PLANAS VS. COMELEC49 SCRA 105; January 22, 1973

FACTS:While the 1971 Constitution Convention was in session on September 21, 1972, the president issued Proclamation No. 1081 placing the Philippines under martial law. On November 29, 1972 the Convention approved its proposed constitution. The next day the president issued PD No. 73 submitting to the people for ratification or rejection the proposed constitution as well as setting the plebiscite for said ratification. On December 7, 1972, Charito Planas filed a petition to enjoin respondents from implemented PD No. 73 because the calling of the plebiscite among others are lodged exclusively in the Congress. On December 17, 1972, the president issued an order temporarily suspending the effects of PD 1081 for the purpose of free and open debate on the proposed constitution.

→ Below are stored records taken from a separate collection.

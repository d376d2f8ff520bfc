-- ===== src/Pipeline/GridSide/Laws.antt =====
-- Proofs about pipeline/grid_cycle.py: what a side of the grid may submit.
use mt5_mcp_trading_framewor.Common.{
  ◌≡◌, refl, Option, none, some, arith, Bool-cases, Option-cases, inl, inr, not, if◌then◌else◌, sym,
  ap, ◌∙◌, subst, subst₂,
}
use mt5_mcp_trading_framewor.Common.Outcome.{ok, >>=-eq-ok, ◌>>=◌}
use mt5_mcp_trading_framewor.Float.{Float, IsOrdered, IsArith, ◌≼◌, nought}
use mt5_mcp_trading_framewor.Domain.{Side, TradeIntent, OrderPlan, limit_order, RiskDecision}
use mt5_mcp_trading_framewor.Risk.{check_exposure_cap, check_duplicate_order, default_tol_ticks}
use mt5_mcp_trading_framewor.Risk.Laws.{IsApproved, combine_iff}
use mt5_mcp_trading_framewor.Sizing.{to_sized_intent}
use mt5_mcp_trading_framewor.Planning.{build_order_plan, clamp_volume, limit_side}
use mt5_mcp_trading_framewor.Planning.Laws.{IsClear, IsOnTick, IsPriced, build_order_plan_lem}
use mt5_mcp_trading_framewor.Pipeline.Stops.{stops, IsBracketed, stops_rounded-IsBracketed}
use mt5_mcp_trading_framewor.Pipeline.GridSide.{
  GridInputs, sized_for, grid_guards, grid_options, with_stops, finish_plan, plan_if_approved,
  side_plan,
}

module _ {F : Type 0} ⦃f : Float F⦄ where
  abbrev pub bracket : GridInputs F → Side → F → F × F
  bracket i side price = stops side price i.levels.sl_price i.levels.tp_price i.symbol_info.digits

  with_stops-eq-some :
      (i : GridInputs F) (side : Side) (q : OrderPlan F) (price : Option F) {plan : OrderPlan F}
      → with_stops i side q price ≡ ok (some plan)
      → (p : F) × (price ≡ some p)
        × (plan ≡ record q { sl = (bracket i side p).0; tp = (bracket i side p).1 })
  with_stops-eq-some i side q none e = cc
  with_stops-eq-some i side q (some p) e = (p, refl, cc)

  finish_plan-eq-some :
      (i : GridInputs F) (side : Side) (m : Option (OrderPlan F)) {plan : OrderPlan F}
      → finish_plan i side m ≡ ok (some plan)
      → (q : OrderPlan F) × (p : F) × (m ≡ some q)
        × (q.price ≡ some p)
        × (plan ≡ record q { sl = (bracket i side p).0; tp = (bracket i side p).1 })
  finish_plan-eq-some i side none e = cc
  finish_plan-eq-some i side (some q) e =
      let (p, ep, er) = with_stops-eq-some i side q q.price e in (q, p, refl, ep, er)

  -- an approved plan comes from `build_order_plan`, with the stops around its own price
  plan_if_approved-eq-some :
      (i : GridInputs F) (intent : TradeIntent F) (combined : RiskDecision F) {plan : OrderPlan F}
      → plan_if_approved i intent combined ≡ ok (some plan)
      → (q : OrderPlan F) × (p : F) × (build_order_plan
            (sized_for i intent)
            combined
            i.symbol_info
            i.tick
            (grid_options i intent.side)
          ≡ ok (some q))
        × (q.price ≡ some p)
        × (plan ≡ record q { sl = (bracket i intent.side p).0; tp = (bracket i intent.side p).1 })
  plan_if_approved-eq-some i intent combined {plan} e = elim (Bool-cases combined.approved) [
    | inr refused ↦ ground arith
    | inl granted ↦
        let built =
          build_order_plan (sized_for i intent) combined i.symbol_info i.tick
            (grid_options i intent.side) in
        let (m, eb, ef) = >>=-eq-ok built (finish_plan i intent.side) {result = some plan} (
          sym (ap (λ b. if not b then ok none else (built >>= finish_plan i intent.side)) granted)
          ∙ e) in
        let (q, p, em, ep, er) = finish_plan-eq-some i intent.side m ef in (q, p, cc, ep, er)
  ]

  -- the guards that a submission has passed, and the price and volume that it has
  abbrev pub IsVetted : GridInputs F → TradeIntent F → OrderPlan F → F → F → Type 0
  IsVetted i intent plan reference price =
      (intent.reference_price ≡ some reference)
      × (plan.price ≡ some price)
      × IsApproved
          (check_exposure_cap i.open_lots i.pending_lots (sized_for i intent).volume i.caps)
      × IsApproved (
          check_duplicate_order i.pending_orders intent.side reference i.symbol_info.point
            default_tol_ticks)
      × (plan.volume ≡ clamp_volume (sized_for i intent).volume i.symbol_info)
      × (plan.side ≡ intent.side)
      × IsClear (limit_side intent.side) i.symbol_info i.tick price
      × IsOnTick i.symbol_info price

module _ {F : Type 0} ⦃f : Float F⦄ (ord : IsOrdered F) (ar : IsArith F) where
  -- Whatever a side of the grid submits for a limit intent has passed the exposure and the duplicate
  -- guard, has the clamped volume and a price clear of the market and on a multiple of the tick size,
  -- and its stop-loss and take-profit lie on their sides of that price, rounded like them to the
  -- symbol's decimals, if the two distances are not negative.
  pub side_plan_lem :
      (i : GridInputs F) (intent : TradeIntent F) {plan : OrderPlan F}
      → intent.desired_order_type ≡ limit_order
      → nought ≼ i.levels.sl_price
      → nought ≼ i.levels.tp_price
      → side_plan i intent ≡ ok (some plan)
      → (reference : F) × (price : F) × IsVetted i intent plan reference price
        × IsBracketed intent.side (f.round_to price i.symbol_info.digits) (plan.sl, plan.tp)
  unfolding side_plan to_sized_intent
  side_plan_lem i intent {plan} limit hs ht e = elim (Option-cases intent.reference_price) [
    | inl missing ↦ ground arith
    | inr (reference, er) ↦
        let (combined, ec, e₂) =
          >>=-eq-ok (grid_guards i intent (some reference)) (plan_if_approved i intent)
            {result = some plan}
            (sym (ap (λ r. grid_guards i intent r >>= plan_if_approved i intent) er) ∙ e) in
        let (q, p, eb, ep, eq) = plan_if_approved-eq-some i intent combined {plan = plan} e₂ in
        let (approved, fits) =
          build_order_plan_lem (sized_for i intent) combined i.symbol_info i.tick
            (grid_options i intent.side) {plan = q} eb in
        let (clear, on_tick) =
          subst₂ (λ t m. IsPriced t intent.side intent.reference_price i.symbol_info i.tick m) limit
            ep fits.7 in
        let (within, (single, _)) = (combine_iff _ ec).0.0 approved in
        (
          reference,
          p,
          (
            er,
            ap (λ r. r.price) eq ∙ ep,
            within,
            single,
            ap (λ r. r.volume) eq ∙ fits.6,
            ap (λ r. r.side) eq ∙ fits.2,
            clear,
            on_tick,
          ),
          subst (λ r. IsBracketed intent.side (f.round_to p i.symbol_info.digits) (r.sl, r.tp))
              (sym eq)
              (stops_rounded-IsBracketed ord ar intent.side p i.levels.sl_price i.levels.tp_price
                i.symbol_info.digits hs ht),
        )
  ]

On December 23, the president announced the postponement of the plebiscite, as such, the Court refrained from deciding the cases. On January 12, the petitioners filed for an “urgent motion” praying that the case be decided “as soon as possible”.

ISSUES:1.    Is validity of PD 73 justiciable?2.    Is PD 73 valid?3.    Does the 1971 Constitutional Convention have the authority to pass the proposed constitution?

HELD:The Court may pass upon constitutionality of PD 73 not only because of a long list of cases decided by the Court but also of subdivision (1) of Section 2, Article VIII of the 1935 Constitution which expressly provides for the authority of the Court to review cases revolving such issue. The validity of the decree itself was declared moot and academic by the Court. The convention is free to postulate any amendment as long as it is not inconsistent to what is known as Jus Cogens.